Patients at higher risk genetically displayed short-term signs of decreased confidence that quitting smoking could reduce their risk of lung cancer, but scientists did note that all of those who took the test chose to receive at least one of several offered known smoking cessation aids.
"Genetic information is complex, and there is a risk that providing unfiltered information will result in heightened worry and misinterpretation of results," said Jamie Ostroff, Ph.D., chief of behavioral science services at Memorial Sloan-Kettering Cancer Center and an editorial board member of Cancer Epidemiology, Biomarkers & Prevention. "This pilot study found no harm in undergoing these tests and underscores the importance of conducting future research as to how to best educate smokers about gene-environment risks."
Scientists are reluctant to endorse the tests based on this one study, because the sample was limited to 44 individuals who were biologically related to people with lung cancer and who smoked. The online test assessed the presence or absence of the GSTM1 gene, the absence of which has been associated with a slightly increased lung cancer risk.

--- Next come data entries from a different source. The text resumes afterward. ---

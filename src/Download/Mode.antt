-- ===== src/Download/Mode.antt =====
-- pkg/download/mode/mode.go: what to do when a module is not in storage, by the module's path.
pub mod Selection
use athens.Prelude.{
  Bool, true, false, ◌&&◌, not, Option, none, some, List, [], ◌∷◌, ◌==◌, text_eq, if◌then◌else◌,
  Text, text, is_empty, strip_prefix,
}
use athens.Errors.{
  GoError, Result, ok, err, make_error, error_arg, string_arg, kind_arg, kind_bad_request, plain,
}
use athens.Errors
use athens.Paths.{matches_pattern}

-- A mode is a string in the program; `unknown` is any that is none of the five constants.
pub data Mode : Type 0 where
  sync async redirect async_redirect nothing : Mode
  unknown : Text → Mode

-- The mode that a configured string is; `nothing` is the constant None.
unfoldable pub mode_of : Text → Mode
mode_of m =
    if m == text "sync"
    then sync
    else if m == text "async"
    then async
    else if m == text "redirect"
    then redirect
    else if m == text "async_redirect"
    then async_redirect
    else if m == text "none"
    then nothing
    else unknown m

abbrev pub is_known : Mode → Bool
is_known (unknown m) = false
is_known _ = true

pub record DownloadPath : Type 0 where
  pub pattern_text : Text
  pub mode : Mode
  pub download_url : Text

pub record DownloadFile : Type 0 where
  pub mode : Mode
  pub download_url : Text
  pub paths : List DownloadPath

validate_paths : List DownloadPath → Option GoError
validate_paths [] = none
validate_paths (p ∷ ps) =
    if is_known p.mode
    then validate_paths ps
    else some
        (make_error (text "downloadMode.validate") (string_arg (text "unrecognized mode") ∷ []))

unfoldable pub validate : DownloadFile → Option GoError
unfolding validate_paths
validate d = validate_paths d.paths

-- The file system, base64 and the HCL library: an HCL file is read into a `DownloadFile`, or refused.
pub record Sources : Type 0 where
  pub read_file : Text → Result Text
  pub decode_base64 : Text → Result Text
  pub decode_hcl : Text → Result DownloadFile

module _ (io : Sources) where
  parse_file : Text → Result DownloadFile
  unfolding validate
  parse_file bytes = elim (io.decode_hcl bytes) [
    | err e ↦ err (make_error (text "downloadmode.parseFile") (string_arg (Errors.message e) ∷ []))
    | ok df ↦ elim (validate df) [
      | some e ↦ err (make_error (text "downloadmode.parseFile") (error_arg e ∷ []))
      | none ↦ ok df
    ]
  ]

  parse_read : Result Text → Result DownloadFile
  unfolding parse_file
  parse_read (err e) = err e
  parse_read (ok bytes) = parse_file bytes

  plain_mode : Text → Text → Result DownloadFile
  plain_mode m url =
      if is_known (mode_of m)
      then ok (record { mode = mode_of m; download_url = url; paths = [] })
      else err (
          make_error (text "downloadMode.NewFile")
            (kind_arg kind_bad_request ∷ string_arg (text "unrecognized download mode") ∷ []))

  pub new_file : Text → Text → Result DownloadFile
  unfolding parse_read plain_mode
  new_file m url =
      if is_empty m
      then err (
          make_error (text "downloadMode.NewFile")
            (string_arg (text "download mode is not set") ∷ []))
      else elim (strip_prefix (text "file:") m) [
        | some path ↦ parse_read (io.read_file path)
        | none ↦ elim (strip_prefix (text "custom:") m) [
          | some encoded ↦ parse_read (io.decode_base64 encoded)
          | none ↦ plain_mode m url
        ]
      ]

match_paths : Mode → List DownloadPath → Text → Mode
match_paths default [] mod_path = default
match_paths default (p ∷ ps) mod_path =
    if matches_pattern p.pattern_text mod_path then p.mode else match_paths default ps mod_path

unfoldable pub match_mode : DownloadFile → Text → Mode
unfolding match_paths
match_mode d mod_path = match_paths d.mode d.paths mod_path

url_from : Text → List DownloadPath → Text → Text
url_from default [] mod_path = default
url_from default (p ∷ ps) mod_path =
    if matches_pattern p.pattern_text mod_path && not (is_empty p.download_url)
    then p.download_url
    else url_from default ps mod_path

unfoldable pub url : DownloadFile → Text → Text
unfolding url_from
url d mod_path = url_from d.download_url d.paths mod_path
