-- ===== src/Storage.antt =====
-- pkg/storage: the interface of the backends (backend.go, getter.go, saver.go, lister.go,
-- checker.go). The state S is the backend's content; a read does not change it. A context carries
-- deadlines and log entries only and is left out. Contents of files are texts of bytes.
pub mod Catalog
pub mod Fs
pub mod Objects
pub mod Parallel
mod Tests
mod UploadTests
mod ObjectsTests
use athens.Prelude.{Bool, true, false, List, Option, none, some, if◌then◌else◌, nat_eq, Text}
use athens.Errors.{GoError, Result, ok, err, is, kind_not_found}

-- storage/version.go: what is fetched from upstream for one version of a module.
pub record Version : Type 0 where
  pub go_mod : Text
  pub zip : Text
  pub info : Text
  pub semver : Text

pub record Backend (S : Type 0) : Type 0 where
  pub list : S → Text → Result (List Text)
  pub info : S → Text → Text → Result Text
  pub go_mod : S → Text → Text → Result Text
  pub zip : S → Text → Text → Result Text
  pub save : S → Text → Version → Option GoError × S
  -- Some backends implement Checker themselves.
  pub own_exists : Option (S → Text → Text → Result Bool)

-- storage.WithChecker(b).Exists, of the backend itself where it is a Checker.
unfoldable pub exists : {S : Type 0} → Backend S → S → Text → Text → Result Bool
unfolding is
exists b s mod_path version = elim b.own_exists [
  | some own ↦ own s mod_path version
  | none ↦ elim (b.info s mod_path version) [
    | ok _ ↦ ok true
    | err e ↦ if is (some e) kind_not_found then ok false else err e
  ]
]
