-- ===== src/Download/Versions.antt =====
-- The lists of versions of pkg/download/protocol.go: `removePseudoVersions` and `union`.
pub mod Laws
use athens.Prelude.{
  ℕ, zero, suc, Bool, true, false, ◌&&◌, ◌||◌, Option, none, some, List, [], ◌∷◌, ◌++◌, leb, ◌==◌,
  text_eq, nat_eq, if◌then◌else◌, Text, text, is_empty, strip_prefix, contains,
}
use athens.Paths.{count_byte}

is_digit : ℕ → Bool
is_digit c = leb b'0' c && leb c b'9'

is_alnum : ℕ → Bool
unfolding is_digit
is_alnum c = is_digit c || ((leb b'A' c && leb c b'Z') || (leb b'a' c && leb c b'z'))

-- What is left behind the longest run of bytes of a kind, with whether the run is empty.
drop_while : (ℕ → Bool) → Text → Text
drop_while p [] = []
drop_while p (c ∷ s) = let rest = drop_while p s in if p c then rest else c ∷ s

-- `[0-9]+`, `[A-Za-z0-9]+`: one byte of the kind or more. What follows such a run in the expression
-- is never of its kind, so the longest run is the only one that can match.
run : (ℕ → Bool) → Text → Option Text
unfolding drop_while
run p [] = none
run p (c ∷ s) = if p c then some (drop_while p s) else none

-- `\d{n}`
digits_exactly : ℕ → Text → Option Text
unfolding is_digit
digits_exactly zero s = some s
digits_exactly (suc n) [] = none
digits_exactly (suc n) (c ∷ s) = if is_digit c then digits_exactly n s else none

infixl 5 ◌>>=◌
abbrev pub ◌>>=◌ {ℓ κ} : {A : Type ℓ} {B : Type κ} → Option A → (A → Option B) → Option B
none >>= f = none
some a >>= f = f a

-- `\d{14}-[A-Za-z0-9]+(\+incompatible)?$`
stamp : Text → Bool
unfolding digits_exactly run is_alnum
stamp s =
    let left : Option Text = (do
      a ← digits_exactly 14 s
      b ← strip_prefix (text "-") a
      run is_alnum b) in
    elim left [ none ↦ false | some rest ↦ is_empty rest || rest == text "+incompatible" ]

stamp_after : Option Text → Bool
unfolding stamp
stamp_after none = false
stamp_after (some s) = stamp s

-- `([^+]*\.)?0\.` and the stamp: a "0." that stands first or behind a dot, with no plus before it.
zero_stamp : Bool → Text → Bool
unfolding stamp_after
zero_stamp dot [] = false
zero_stamp dot (c ∷ s) =
    (dot && stamp_after (strip_prefix (text "0.") (c ∷ s)))
    || (if c == b'+' then false else zero_stamp (c == b'.') s)

zero_stamp_after : Option Text → Bool
unfolding zero_stamp
zero_stamp_after none = false
zero_stamp_after (some s) = zero_stamp true s

-- `pseudoVersionRE`: ^v[0-9]+\.(0\.0-|\d+\.\d+-([^+]*\.)?0\.)\d{14}-[A-Za-z0-9]+(\+incompatible)?$
unfoldable pub pseudo_version_re : Text → Bool
unfolding stamp_after zero_stamp_after run is_digit
pseudo_version_re s =
    let major : Option Text = (do
      a ← strip_prefix (text "v") s
      b ← run is_digit a
      strip_prefix (text ".") b) in
    let base : Option Text = (do a ← major; strip_prefix (text "0.0-") a) in
    let minor : Option Text = (do
      a ← major
      b ← run is_digit a
      c ← strip_prefix (text ".") b
      d ← run is_digit c
      strip_prefix (text "-") d) in
    stamp_after base || zero_stamp_after minor

unfoldable pub is_pseudo_version : Text → Bool
unfolding count_byte pseudo_version_re
is_pseudo_version v = leb 2 (count_byte b'-' v) && pseudo_version_re v

unfoldable pub remove_pseudo_versions : List Text → List Text
remove_pseudo_versions [] = []
remove_pseudo_versions (v ∷ vers) =
    let rest = remove_pseudo_versions vers in if is_pseudo_version v then rest else v ∷ rest

-- The loop of `union`; the keys of its map are the versions that `unique` holds.
union_from : List Text → List Text → List Text
union_from unique [] = unique
union_from unique (v ∷ vs) = union_from (if contains unique v then unique else unique ++ v ∷ []) vs

unfoldable pub union : List Text → List Text → List Text
unfolding union_from
union list1 list2 = union_from [] (list1 ++ list2)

Exactly half of the smokers were missing GSTM1, thus presenting as higher risk and the other half had GSTM1 present. All the GSTM1 missing individuals correctly identified themselves as "higher risk." Of the GSTM1 present group, 55 percent accurately labeled themselves as "lower risk" while 41 percent interpreted their result as "average risk."
These patterns of accurate interpretation remained at six months, suggesting that these individuals retained the information.
Overall, the individuals taking this test found the results to be believable, trustworthy, easy to understand, relevant and important. At follow-up, no one regretted taking the test.
After taking the test, all of the smokers selected some sort of smoking cessation help with no difference between the higher risk or lower risk groups. Scientists agreed that regardless of the genetic test result, quitting smoking is the single most important step a smoker can take in preventing lung cancer and that a larger comparison study would be needed to determine if knowledge of genetic risk encourages an individual to quit smoking.